*Instructions to follow*: Your answer should be every line below that includes the word "List".

##### Information supplied

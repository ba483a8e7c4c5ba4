-- ===== src/Gzip/Tests.antt =====
-- Concrete runs of the compression of src/zdex/src/Gzip.cpp.
use zircon_dumper.Prelude.{
  ◌≤◌, ℕ, ◌≡◌, refl, arith, true, none, some, List, [], ◌∷◌, ◌++◌, map, length,
}
use zircon_dumper.Prelude.Preds.{Bytes, IsByte, All}
use zircon_dumper.Gzip.Bits.{Writer, new_writer, align_writer, Reader, new_reader, read_bits}
use zircon_dumper.Gzip.Bits.Stream.{bits, byte_bits, code_bits, written, IsWriter}
use zircon_dumper.Gzip.Bits.Fill.{pending, IsReader}
use zircon_dumper.Gzip.Bits.Trip.{Field, put_all, read_all, read-put}
use zircon_dumper.Gzip.Codes.{
  row_loop, literal_code, length_for, distance_for, k_length_base, k_length_extra,
}
use zircon_dumper.Gzip.Codes.Rows.{Carries, length_for-Carries}
use zircon_dumper.Gzip.Crc.{crc32, crc_loop, crc_table, crc_entries, crc_rounds}
use zircon_dumper.Gzip.Crc.Pieces.{crc32-append}
use zircon_dumper.Gzip.Deflate.{
  no_chains, hash3, match_loop, match_len, search_chain, best_match, insert, insert_run,
  deflate_block,
}
use zircon_dumper.Gzip.Deflate.Tokens.{deflate_block-tokens}
use zircon_dumper.Gzip.Deflate.Trip.{inflate-deflate}
use zircon_dumper.Gzip.Inflate.{ended, copy_back, inflate_body}
use zircon_dumper.Gzip.Inflate.Block.{
  Token, literal, repeat, expand_one, expand, IsToken, AreTokens, match_bits, token_bits,
  block_bits,
}
use zircon_dumper.Gzip.Inflate.Trip.{inflate_body-block}
use zircon_dumper.Gzip.Huffman.{Huffman, decode, fixed_literals, fixed_distances}
use zircon_dumper.Gzip.Huffman.Fixed.{
  literal_table, distance_table, literal_bits, decode-literal_code,
}

-- Five digits after three.
abbrev three_held : Writer
three_held = record { out = 7 ∷ []; acc = 5; held = 3 }

three_held-IsWriter : IsWriter three_held
three_held-IsWriter = record {
  held_lt = omega arith;
  acc_lt = omega arith;
  bytes = (omega arith, tt);
}

abbrev two_bytes : Reader
two_bytes = new_reader (203 ∷ 77 ∷ [])

two_bytes-IsReader : IsReader two_bytes
two_bytes-IsReader = record {
  held_lt = omega arith;
  value_lt = omega arith;
  bytes = (omega arith, (omega arith, tt));
}

abbrev some_fields : List Field
some_fields = (1, 1) ∷ (2, 2) ∷ (700, 10) ∷ (65535, 16) ∷ []

read-put_example :
    read_all
      (new_reader (align_writer (put_all (new_writer []) some_fields)).out)
      (map (λ f. f.1) some_fields)
    ≡ some (map (λ f. f.0) some_fields)
read-put_example = read-put some_fields (
  (omega arith, omega arith),
  ((omega arith, omega arith), ((omega arith, omega arith), ((omega arith, omega arith), tt))),
)

length_for-Carries_example : Carries k_length_base k_length_extra 257 29 100 (length_for 100)
length_for-Carries_example = length_for-Carries 100 (omega arith) (omega arith)

-- The code of the letter `A` is 01110001, and the second byte stands behind it.
abbrev letter : Reader
letter = new_reader (142 ∷ 77 ∷ [])

letter-IsReader : IsReader letter
letter-IsReader = record {
  held_lt = omega arith;
  value_lt = omega arith;
  bytes = (omega arith, (omega arith, tt));
}

decode-literal_code_example :
    (table : Huffman) × (r' : Reader) × (fixed_literals ≡ some table)
    × (decode table letter ≡ (some 65, r'))
    × IsReader r'
    × (pending r' ≡ bits 8 77)
decode-literal_code_example =
    decode-literal_code 65 letter (bits 8 77) (omega arith) letter-IsReader
      (unfold pending bits byte_bits literal_code code_bits in refl)

abbrev three_left : List ℕ
three_left = 0 ∷ 0 ∷ 1 ∷ bits 8 77

-- What is left of a byte can be handed out, and nothing beyond it.
short_read : (read_bits (new_reader (203 ∷ [])) 9).0 ≡ none
unfolding read_bits
short_read = refl

-- A literal, its two successors, and a repeat that overlaps itself.
abbrev a_block : List Token
a_block = literal 97 ∷ literal 98 ∷ literal 99 ∷ repeat 6 3 ∷ []

a_block-AreTokens : AreTokens [] a_block
unfolding AreTokens IsToken expand_one copy_back
a_block-AreTokens = (
  omega arith,
  (
    omega arith,
    (omega arith, ((omega arith, omega arith, omega arith, omega arith, omega arith), tt)),
  ),
)

abbrev abc : Bytes
abc = 97 ∷ 98 ∷ 99 ∷ 97 ∷ 98 ∷ 99 ∷ 97 ∷ 98 ∷ 99 ∷ []

abc-bytes : All IsByte abc
abc-bytes = (
  omega arith,
  (
    omega arith,
    (
      omega arith,
      (omega arith, (omega arith, (omega arith, (omega arith, (omega arith, (omega arith, tt)))))),
    ),
  ),
)

a_block_stands_for : expand [] a_block ≡ abc
unfolding expand expand_one copy_back
a_block_stands_for = refl

-- The search finds the repeat at the fourth byte.
abc_match : best_match 0 abc (insert_run 0 abc 3 no_chains 0) 3 ≡ (6, 3)
unfolding best_match insert_run insert search_chain match_len match_loop hash3
abc_match = refl

abbrev block_reader : Reader
block_reader = new_reader (137 ∷ 73 ∷ 201 ∷ 16 ∷ 4 ∷ 0 ∷ [])

abbrev block_left : List ℕ
block_left = 0 ∷ 0 ∷ 0 ∷ 0 ∷ 0 ∷ []

block_reader-IsReader : IsReader block_reader
block_reader-IsReader = record {
  held_lt = omega arith;
  value_lt = omega arith;
  bytes =
      (omega arith, (omega arith, (omega arith, (omega arith, (omega arith, (omega arith, tt))))));
}

block_pending : pending block_reader ≡ block_bits a_block ++ block_left
unfolding pending bits byte_bits block_bits token_bits match_bits literal_bits literal_code
    code_bits length_for distance_for row_loop
block_pending = refl

inflate_body-block_example :
    (r' : Reader) × (inflate_body 5 literal_table distance_table block_reader []
      ≡ ended r' (expand [] a_block))
    × IsReader r'
    × (pending r' ≡ block_left)
inflate_body-block_example =
    inflate_body-block 5 [] a_block block_reader block_left (omega arith) a_block-AreTokens
      block_reader-IsReader block_pending

deflate_block-tokens_example :
    (tokens : List Token) × IsWriter (deflate_block 0 abc three_held true)
    × (written (deflate_block 0 abc three_held true)
        ≡ written three_held ++ (bits 1 1 ++ (bits 2 1 ++ block_bits tokens)))
    × AreTokens [] tokens
    × (expand [] tokens ≡ abc)
    × (length tokens ≤ 9)
deflate_block-tokens_example =
    deflate_block-tokens 0 abc three_held true three_held-IsWriter abc-bytes

inflate-deflate_example :
    (literals : Huffman) × (distances : Huffman) × (fixed_literals ≡ some literals)
    × (fixed_distances ≡ some distances)
    × (r1 : Reader) × (r2 : Reader) × (r3 : Reader) × (read_bits
          (new_reader (align_writer (deflate_block 0 abc (new_writer []) true)).out)
          1
        ≡ (some 1, r1))
    × (read_bits r1 2 ≡ (some 1, r2))
    × (inflate_body 10 literals distances r2 [] ≡ ended r3 abc)
inflate-deflate_example = inflate-deflate 0 abc true abc-bytes

abbrev digits_1_to_5 : Bytes
digits_1_to_5 = 49 ∷ 50 ∷ 51 ∷ 52 ∷ 53 ∷ []

abbrev digits_6_to_9 : Bytes
digits_6_to_9 = 54 ∷ 55 ∷ 56 ∷ 57 ∷ []

-- The check value of this checksum.
crc32_check : crc32 (digits_1_to_5 ++ digits_6_to_9) 0 ≡ 3421780262
unfolding crc32 crc_loop crc_table crc_entries crc_rounds
crc32_check = refl

crc32-append_example :
    crc32 (digits_1_to_5 ++ digits_6_to_9) 0 ≡ crc32 digits_6_to_9 (crc32 digits_1_to_5 0)
crc32-append_example = crc32-append digits_1_to_5 digits_6_to_9 0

##########

*Solved problem*:
  ◌≤◌, ℕ, ◌≡◌, refl, arith, true, none, some, List, [], ◌∷◌, ◌++◌, map, length,
abbrev some_fields : List Field
abbrev three_left : List ℕ
abbrev a_block : List Token
abbrev block_left : List ℕ
    (tokens : List Token) × IsWriter (deflate_block 0 abc three_held true)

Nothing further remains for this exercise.